_What needs to be done_.
Copy each line of the listing where the word "below" can be found.

*** Exercise materials ***

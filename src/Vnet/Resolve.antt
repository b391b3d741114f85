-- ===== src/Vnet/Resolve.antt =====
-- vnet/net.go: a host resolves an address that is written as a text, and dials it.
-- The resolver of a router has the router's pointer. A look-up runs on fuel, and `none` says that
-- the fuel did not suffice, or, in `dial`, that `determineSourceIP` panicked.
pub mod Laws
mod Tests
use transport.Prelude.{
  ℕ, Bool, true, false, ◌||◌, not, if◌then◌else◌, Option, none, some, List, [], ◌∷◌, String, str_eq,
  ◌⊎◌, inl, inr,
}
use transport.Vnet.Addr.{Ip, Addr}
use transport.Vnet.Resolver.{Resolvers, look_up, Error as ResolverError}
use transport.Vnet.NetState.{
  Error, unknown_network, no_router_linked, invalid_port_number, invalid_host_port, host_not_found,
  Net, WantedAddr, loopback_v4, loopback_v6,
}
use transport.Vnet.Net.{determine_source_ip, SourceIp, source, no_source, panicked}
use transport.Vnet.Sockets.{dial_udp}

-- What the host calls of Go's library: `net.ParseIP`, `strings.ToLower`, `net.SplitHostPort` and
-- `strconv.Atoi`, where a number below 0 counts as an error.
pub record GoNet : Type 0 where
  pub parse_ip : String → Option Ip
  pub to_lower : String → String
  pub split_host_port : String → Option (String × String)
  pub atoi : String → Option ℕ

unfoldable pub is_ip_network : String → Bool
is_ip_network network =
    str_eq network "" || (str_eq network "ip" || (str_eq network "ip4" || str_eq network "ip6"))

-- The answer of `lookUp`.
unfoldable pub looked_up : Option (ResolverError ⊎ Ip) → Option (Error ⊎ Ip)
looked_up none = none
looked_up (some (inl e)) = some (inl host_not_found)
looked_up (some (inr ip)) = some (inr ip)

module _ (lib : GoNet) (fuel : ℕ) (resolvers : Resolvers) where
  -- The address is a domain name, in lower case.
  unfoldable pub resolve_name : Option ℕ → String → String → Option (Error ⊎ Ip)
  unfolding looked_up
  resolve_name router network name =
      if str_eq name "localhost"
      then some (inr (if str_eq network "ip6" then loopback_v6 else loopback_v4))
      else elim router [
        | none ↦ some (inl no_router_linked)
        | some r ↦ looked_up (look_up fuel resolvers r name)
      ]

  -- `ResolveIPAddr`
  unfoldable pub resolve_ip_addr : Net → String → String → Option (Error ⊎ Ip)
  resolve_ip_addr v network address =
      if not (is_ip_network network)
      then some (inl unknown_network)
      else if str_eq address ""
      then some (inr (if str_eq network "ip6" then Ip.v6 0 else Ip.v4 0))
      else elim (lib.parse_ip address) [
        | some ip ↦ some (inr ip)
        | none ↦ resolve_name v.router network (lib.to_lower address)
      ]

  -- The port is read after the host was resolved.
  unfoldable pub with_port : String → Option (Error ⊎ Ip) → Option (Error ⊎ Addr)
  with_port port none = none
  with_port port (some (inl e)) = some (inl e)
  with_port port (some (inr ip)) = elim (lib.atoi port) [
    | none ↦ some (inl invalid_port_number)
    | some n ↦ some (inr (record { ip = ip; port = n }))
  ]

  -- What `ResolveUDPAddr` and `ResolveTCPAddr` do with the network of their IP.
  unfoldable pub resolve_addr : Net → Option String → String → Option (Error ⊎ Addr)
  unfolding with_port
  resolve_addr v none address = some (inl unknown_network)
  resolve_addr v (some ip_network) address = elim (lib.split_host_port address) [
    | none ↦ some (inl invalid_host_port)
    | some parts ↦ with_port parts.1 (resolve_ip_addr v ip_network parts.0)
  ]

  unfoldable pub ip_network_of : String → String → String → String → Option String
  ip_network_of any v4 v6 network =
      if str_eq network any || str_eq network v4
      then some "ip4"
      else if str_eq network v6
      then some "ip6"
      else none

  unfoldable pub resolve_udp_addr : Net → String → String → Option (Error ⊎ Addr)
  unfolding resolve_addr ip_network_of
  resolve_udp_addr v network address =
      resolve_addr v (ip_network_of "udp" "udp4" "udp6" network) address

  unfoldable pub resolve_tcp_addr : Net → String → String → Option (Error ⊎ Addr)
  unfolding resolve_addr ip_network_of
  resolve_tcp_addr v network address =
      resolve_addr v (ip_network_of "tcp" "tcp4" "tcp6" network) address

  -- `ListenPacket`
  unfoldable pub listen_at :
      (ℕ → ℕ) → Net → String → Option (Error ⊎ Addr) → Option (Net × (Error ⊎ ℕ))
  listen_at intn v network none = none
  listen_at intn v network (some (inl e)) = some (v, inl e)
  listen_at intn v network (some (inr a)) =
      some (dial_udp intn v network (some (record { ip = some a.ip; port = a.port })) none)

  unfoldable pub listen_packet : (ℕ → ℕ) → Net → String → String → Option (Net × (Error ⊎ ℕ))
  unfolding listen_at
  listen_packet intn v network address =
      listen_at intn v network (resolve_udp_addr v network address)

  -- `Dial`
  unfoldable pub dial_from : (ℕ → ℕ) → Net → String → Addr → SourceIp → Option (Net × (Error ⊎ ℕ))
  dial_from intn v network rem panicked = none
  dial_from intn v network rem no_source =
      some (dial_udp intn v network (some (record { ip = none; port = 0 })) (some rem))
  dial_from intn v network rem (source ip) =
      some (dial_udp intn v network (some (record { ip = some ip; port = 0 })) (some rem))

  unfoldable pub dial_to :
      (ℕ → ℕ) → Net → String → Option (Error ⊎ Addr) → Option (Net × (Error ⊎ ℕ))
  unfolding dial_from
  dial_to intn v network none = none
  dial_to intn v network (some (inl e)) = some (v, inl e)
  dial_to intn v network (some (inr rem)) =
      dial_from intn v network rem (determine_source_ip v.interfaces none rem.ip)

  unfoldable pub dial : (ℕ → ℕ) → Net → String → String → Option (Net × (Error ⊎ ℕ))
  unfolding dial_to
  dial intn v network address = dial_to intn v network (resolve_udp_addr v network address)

*** End of Exercise materials ***
*** Exercise materials ***

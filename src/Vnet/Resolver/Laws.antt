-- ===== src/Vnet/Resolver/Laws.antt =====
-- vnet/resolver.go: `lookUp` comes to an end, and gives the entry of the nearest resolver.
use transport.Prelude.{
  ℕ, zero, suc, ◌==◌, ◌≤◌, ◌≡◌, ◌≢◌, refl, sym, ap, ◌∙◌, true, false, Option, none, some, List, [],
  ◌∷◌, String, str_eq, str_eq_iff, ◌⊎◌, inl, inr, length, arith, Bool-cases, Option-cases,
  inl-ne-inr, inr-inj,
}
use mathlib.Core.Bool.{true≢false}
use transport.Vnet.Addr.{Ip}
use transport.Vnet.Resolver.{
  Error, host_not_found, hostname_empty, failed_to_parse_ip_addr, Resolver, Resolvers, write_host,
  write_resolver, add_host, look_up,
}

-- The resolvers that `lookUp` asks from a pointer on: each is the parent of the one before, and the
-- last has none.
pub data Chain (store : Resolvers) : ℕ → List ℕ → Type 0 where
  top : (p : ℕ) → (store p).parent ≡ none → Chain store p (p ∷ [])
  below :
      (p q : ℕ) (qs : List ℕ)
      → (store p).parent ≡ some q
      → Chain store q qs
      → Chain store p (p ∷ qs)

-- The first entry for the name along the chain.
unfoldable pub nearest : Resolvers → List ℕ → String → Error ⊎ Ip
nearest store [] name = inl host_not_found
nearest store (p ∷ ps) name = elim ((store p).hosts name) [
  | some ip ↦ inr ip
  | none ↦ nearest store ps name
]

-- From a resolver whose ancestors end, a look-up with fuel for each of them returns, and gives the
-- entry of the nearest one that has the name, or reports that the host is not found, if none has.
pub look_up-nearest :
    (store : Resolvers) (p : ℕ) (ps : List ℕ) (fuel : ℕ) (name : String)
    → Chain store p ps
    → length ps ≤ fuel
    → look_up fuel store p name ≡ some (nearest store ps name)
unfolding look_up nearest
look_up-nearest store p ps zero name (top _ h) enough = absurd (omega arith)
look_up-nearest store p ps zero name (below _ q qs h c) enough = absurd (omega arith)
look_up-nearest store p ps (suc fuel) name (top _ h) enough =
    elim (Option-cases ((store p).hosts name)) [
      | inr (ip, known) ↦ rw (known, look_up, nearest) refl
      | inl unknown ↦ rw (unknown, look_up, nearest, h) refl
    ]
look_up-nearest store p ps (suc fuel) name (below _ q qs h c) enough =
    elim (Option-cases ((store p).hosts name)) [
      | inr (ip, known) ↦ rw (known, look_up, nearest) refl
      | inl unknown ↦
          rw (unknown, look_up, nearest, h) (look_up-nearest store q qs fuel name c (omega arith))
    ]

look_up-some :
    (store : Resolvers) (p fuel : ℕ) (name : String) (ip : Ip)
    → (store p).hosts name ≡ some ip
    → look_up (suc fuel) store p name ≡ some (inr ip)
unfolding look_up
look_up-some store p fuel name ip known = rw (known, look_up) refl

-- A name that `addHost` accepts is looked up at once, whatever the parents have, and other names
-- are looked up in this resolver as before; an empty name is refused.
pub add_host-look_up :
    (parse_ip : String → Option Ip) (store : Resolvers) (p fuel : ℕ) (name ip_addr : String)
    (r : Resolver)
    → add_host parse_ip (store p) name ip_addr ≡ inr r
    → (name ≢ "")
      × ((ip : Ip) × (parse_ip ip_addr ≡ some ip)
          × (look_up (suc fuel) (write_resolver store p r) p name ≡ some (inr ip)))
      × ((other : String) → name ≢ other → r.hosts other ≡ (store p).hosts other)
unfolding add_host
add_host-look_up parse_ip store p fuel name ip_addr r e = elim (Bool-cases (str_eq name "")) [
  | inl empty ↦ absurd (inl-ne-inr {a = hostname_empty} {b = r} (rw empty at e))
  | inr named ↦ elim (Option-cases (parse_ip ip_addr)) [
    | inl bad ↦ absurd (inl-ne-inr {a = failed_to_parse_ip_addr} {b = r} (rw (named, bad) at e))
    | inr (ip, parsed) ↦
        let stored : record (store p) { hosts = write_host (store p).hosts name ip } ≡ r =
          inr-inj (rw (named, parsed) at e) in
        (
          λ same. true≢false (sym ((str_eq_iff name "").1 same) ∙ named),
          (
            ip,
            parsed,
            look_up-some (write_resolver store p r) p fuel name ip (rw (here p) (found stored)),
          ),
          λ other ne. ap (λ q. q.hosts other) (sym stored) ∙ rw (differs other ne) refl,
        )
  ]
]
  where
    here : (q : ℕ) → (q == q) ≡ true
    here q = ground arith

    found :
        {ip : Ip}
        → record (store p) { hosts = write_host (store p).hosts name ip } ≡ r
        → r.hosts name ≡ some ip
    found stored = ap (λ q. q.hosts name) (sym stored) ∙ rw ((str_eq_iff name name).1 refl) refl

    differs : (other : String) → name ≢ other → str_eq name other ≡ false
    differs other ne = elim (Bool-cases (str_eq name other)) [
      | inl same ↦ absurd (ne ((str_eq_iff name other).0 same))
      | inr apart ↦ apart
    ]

*** End of Exercise materials ***
*** Exercise materials ***

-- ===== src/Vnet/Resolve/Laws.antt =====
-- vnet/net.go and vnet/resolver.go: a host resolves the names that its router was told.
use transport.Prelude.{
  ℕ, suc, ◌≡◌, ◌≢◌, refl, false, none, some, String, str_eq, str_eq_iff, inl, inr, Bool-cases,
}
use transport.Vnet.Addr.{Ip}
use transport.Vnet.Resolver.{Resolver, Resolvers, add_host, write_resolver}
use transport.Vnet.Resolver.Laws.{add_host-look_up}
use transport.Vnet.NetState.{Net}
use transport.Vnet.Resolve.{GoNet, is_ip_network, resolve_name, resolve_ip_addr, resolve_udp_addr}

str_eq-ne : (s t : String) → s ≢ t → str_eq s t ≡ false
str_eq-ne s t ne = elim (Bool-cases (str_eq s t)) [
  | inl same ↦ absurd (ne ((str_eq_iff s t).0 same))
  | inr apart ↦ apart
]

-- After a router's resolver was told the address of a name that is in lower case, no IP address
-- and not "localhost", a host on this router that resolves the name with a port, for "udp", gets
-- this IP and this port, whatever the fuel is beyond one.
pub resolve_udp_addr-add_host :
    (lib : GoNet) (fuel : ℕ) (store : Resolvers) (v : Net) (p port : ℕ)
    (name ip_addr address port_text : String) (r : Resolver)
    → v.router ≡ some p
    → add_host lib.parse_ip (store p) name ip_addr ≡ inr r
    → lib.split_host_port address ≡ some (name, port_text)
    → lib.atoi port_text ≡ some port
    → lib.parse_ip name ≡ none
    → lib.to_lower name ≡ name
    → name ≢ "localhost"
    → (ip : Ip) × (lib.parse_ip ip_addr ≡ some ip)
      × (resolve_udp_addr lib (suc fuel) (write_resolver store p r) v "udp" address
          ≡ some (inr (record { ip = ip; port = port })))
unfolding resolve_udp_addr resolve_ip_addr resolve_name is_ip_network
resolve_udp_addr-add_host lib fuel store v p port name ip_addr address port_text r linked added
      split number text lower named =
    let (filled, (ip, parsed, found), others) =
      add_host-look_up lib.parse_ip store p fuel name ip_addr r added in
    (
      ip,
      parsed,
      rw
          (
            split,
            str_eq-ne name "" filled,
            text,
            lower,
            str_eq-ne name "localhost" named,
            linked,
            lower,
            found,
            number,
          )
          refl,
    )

*** End of Exercise materials ***

_Problem solution_.
-- `strconv.Atoi`, where a number below 0 counts as an error.
  below :
look_up-nearest store p ps zero name (below _ q qs h c) enough = absurd (omega arith)
look_up-nearest store p ps (suc fuel) name (below _ q qs h c) enough =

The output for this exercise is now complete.